### WORK INSTRUCTION
From the data below, return each line in which the string "true" is found.

(Stored dataset items)
_ _ _ _ _ _ _

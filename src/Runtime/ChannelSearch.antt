-- ===== src/Runtime/ChannelSearch.antt =====
-- The two loops of `bind_channel`, and what a change of one channel leaves true of the streams.
use softgpu.Base.{
  ℕ, zero, suc, ◌+◌, ◌≤◌, ◌<◌, ◌≡◌, ◌≢◌, refl, sym, ap, subst, ◌∙◌, inl, inr, List, [], ◌∷◌, All,
  Option, none, some, some-injective, true, ◌&&◌, ◌==◌, if◌then◌else◌, update, update_self,
  update_ne, arith, eq_or_ne, Bool-cases,
}
use softgpu.Integers.{ℤ, pos, negsuc}
use softgpu.Device.{priority_least, is_default}
use softgpu.Runtime.{ChanBind}
use softgpu.Runtime.Bind.{eq_int, fewer, least_users, first_unused}

-- The streams by their channels and priorities: how many are on channel c.
unfoldable pub uses : ℕ → List (ℕ × ℤ) → ℕ
uses c [] = 0
uses c ((k, p) ∷ l) = (if k == c then 1 else 0) + uses c l

-- The stream's channel is the device's and has its priority.
abbrev pub Agrees : (ℕ → ChanBind) → ℕ → ℕ × ℤ → Type 0
Agrees bind n s = (s.0 < n) × ((bind s.0).priority ≡ s.1)

eq_int→eq : (a b : ℤ) → eq_int a b ≡ true → a ≡ b
eq_int→eq (pos a) (pos b) h = ground arith
eq_int→eq (pos a) (negsuc b) h = ground arith
eq_int→eq (negsuc a) (pos b) h = ground arith
eq_int→eq (negsuc a) (negsuc b) h = ground arith

eq_int_self : (a : ℤ) → eq_int a a ≡ true
eq_int_self (pos a) = ground arith
eq_int_self (negsuc a) = ground arith

pub is_default→least : (p : ℤ) → is_default p ≡ true → p ≡ priority_least
is_default→least (pos zero) h = refl
is_default→least (pos (suc n)) h = cc
is_default→least (negsuc n) h = cc

-- Changing a channel's users, or the priority of a channel that no stream has.
pub Agrees-users :
    (bind : ℕ → ChanBind) (n c : ℕ) (b : ChanBind) (l : List (ℕ × ℤ))
    → b.priority ≡ (bind c).priority
    → All (Agrees bind n) l
    → All (Agrees (update bind c b) n) l
Agrees-users bind n c b [] e h = tt
Agrees-users bind n c b ((k, p) ∷ l) e h = (
  elim (eq_or_ne k c) [
    | inl q ↦
        let same : update bind c b k ≡ b = ap (update bind c b) q ∙ update_self bind c b in
        (h.0.0, ap (λ x. x.priority) same ∙ e ∙ ap (λ x. (bind x).priority) (sym q) ∙ h.0.1)
    | inr q ↦ (h.0.0, ap (λ x. x.priority) (update_ne bind c k b q) ∙ h.0.1)
  ],
  Agrees-users bind n c b l e h.1,
)

pub Agrees-unused :
    (bind : ℕ → ChanBind) (n c : ℕ) (b : ChanBind) (l : List (ℕ × ℤ))
    → uses c l ≡ 0
    → All (Agrees bind n) l
    → All (Agrees (update bind c b) n) l
unfolding uses
Agrees-unused bind n c b [] e h = tt
Agrees-unused bind n c b ((k, p) ∷ l) e h = elim (eq_or_ne k c) [
  | inl q ↦ ground (arith, e, q)
  | inr q ↦ (
    (h.0.0, ap (λ x. x.priority) (update_ne bind c k b q) ∙ h.0.1),
    Agrees-unused bind n c b l (ground (arith, e, q)) h.1,
  )
]

-- What the first loop finds, and what it means that it finds nothing.
unfoldable pub Found : (ℕ → ChanBind) → ℤ → ℕ → Option (ℕ × ℕ) → Type 0
Found bind p n none = Unit
Found bind p n (some (c, u)) = (c < n) × ((bind c).priority ≡ p)

pub least_users-Found :
    (bind : ℕ → ChanBind) (p : ℤ) (c n t : ℕ) (best : Option (ℕ × ℕ))
    → c + n ≡ t
    → Found bind p t best
    → Found bind p t (least_users bind p c n best)
unfolding least_users Found
least_users-Found bind p c zero t best e h = h
least_users-Found bind p c (suc n) t best e h =
    elim (Bool-cases (eq_int (bind c).priority p && fewer (bind c).users best)) [
      | inr f ↦ rw f (least_users-Found bind p (suc c) n t best (omega (arith, e)) h)
      | inl q ↦
          let same : eq_int (bind c).priority p ≡ true = ground (arith, q) in
          rw q (
            least_users-Found bind p (suc c) n t (some (c, (bind c).users)) (omega (arith, e))
              (omega (arith, e), eq_int→eq (bind c).priority p same))
    ]

least_users-some :
    (bind : ℕ → ChanBind) (p : ℤ) (c n : ℕ) (b : ℕ × ℕ)
    → (b' : ℕ × ℕ) × (least_users bind p c n (some b) ≡ some b')
unfolding least_users
least_users-some bind p c zero b = (b, refl)
least_users-some bind p c (suc n) b =
    elim (Bool-cases (eq_int (bind c).priority p && fewer (bind c).users (some b))) [
      | inr f ↦ rw f (least_users-some bind p (suc c) n b)
      | inl q ↦ rw q (least_users-some bind p (suc c) n (c, (bind c).users))
    ]

pub least_users-none :
    (bind : ℕ → ChanBind) (p : ℤ) (c n : ℕ)
    → least_users bind p c n none ≡ none
    → (j : ℕ) → c ≤ j
    → j < c + n
    → (bind j).priority ≢ p
unfolding least_users
least_users-none bind p c zero e j l h = omega (arith, l, h)
least_users-none bind p c (suc n) e j l h = elim (Bool-cases (eq_int (bind c).priority p)) [
  | inl q ↦
      let (b, s) = least_users-some bind p (suc c) n (c, (bind c).users) in
      let t : least_users bind p (suc c) n (some (c, (bind c).users)) ≡ none = rw q at e in cc
  | inr f ↦ elim (eq_or_ne j c) [
    | inl q ↦ λ same. cc (eq_int_self p, f, ap (λ x. eq_int (bind x).priority p) q, same)
    | inr q ↦
        let t : least_users bind p (suc c) n none ≡ none = rw f at e in
        least_users-none bind p (suc c) n t j (omega (arith, l, q)) (omega (arith, h))
  ]
]

pub first_unused-some :
    (bind : ℕ → ChanBind) (c n k : ℕ)
    → first_unused bind c n ≡ some k
    → (k < c + n) × ((bind k).users ≡ 0)
unfolding first_unused
first_unused-some bind c zero k e = cc
first_unused-some bind c (suc n) k e = elim (Bool-cases ((bind c).users == 0)) [
  | inl q ↦
      let same : c ≡ k = some-injective c k (rw q at e) in
      (omega (arith, same), subst (λ x. (bind x).users ≡ 0) same (ground (arith, q)))
  | inr f ↦ let r = first_unused-some bind (suc c) n k (rw f at e) in (omega (arith, r.0), r.1)
]

pub first_unused-none :
    (bind : ℕ → ChanBind) (c n : ℕ)
    → first_unused bind c n ≡ none
    → (j : ℕ) → c ≤ j
    → j < c + n
    → 0 < (bind j).users
unfolding first_unused
first_unused-none bind c zero e j l h = omega (arith, l, h)
first_unused-none bind c (suc n) e j l h = elim (Bool-cases ((bind c).users == 0)) [
  | inl q ↦ ground (arith, q, e)
  | inr f ↦ elim (eq_or_ne j c) [
    | inl q ↦ subst (λ x. 0 < (bind x).users) (sym q) (ground (arith, f))
    | inr q ↦
        first_unused-none bind (suc c) n (rw f at e) j (omega (arith, l, q)) (omega (arith, h))
  ]
]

_ _ _ _ _ _ _

### TASK OUTPUT
-- The two loops of `bind_channel`, and what a change of one channel leaves true of the streams.
  Option, none, some, some-injective, true, ◌&&◌, ◌==◌, if◌then◌else◌, update, update_self,
eq_int→eq : (a b : ℤ) → eq_int a b ≡ true → a ≡ b
eq_int_self : (a : ℤ) → eq_int a a ≡ true
pub is_default→least : (p : ℤ) → is_default p ≡ true → p ≡ priority_least
          let same : eq_int (bind c).priority p ≡ true = ground (arith, q) in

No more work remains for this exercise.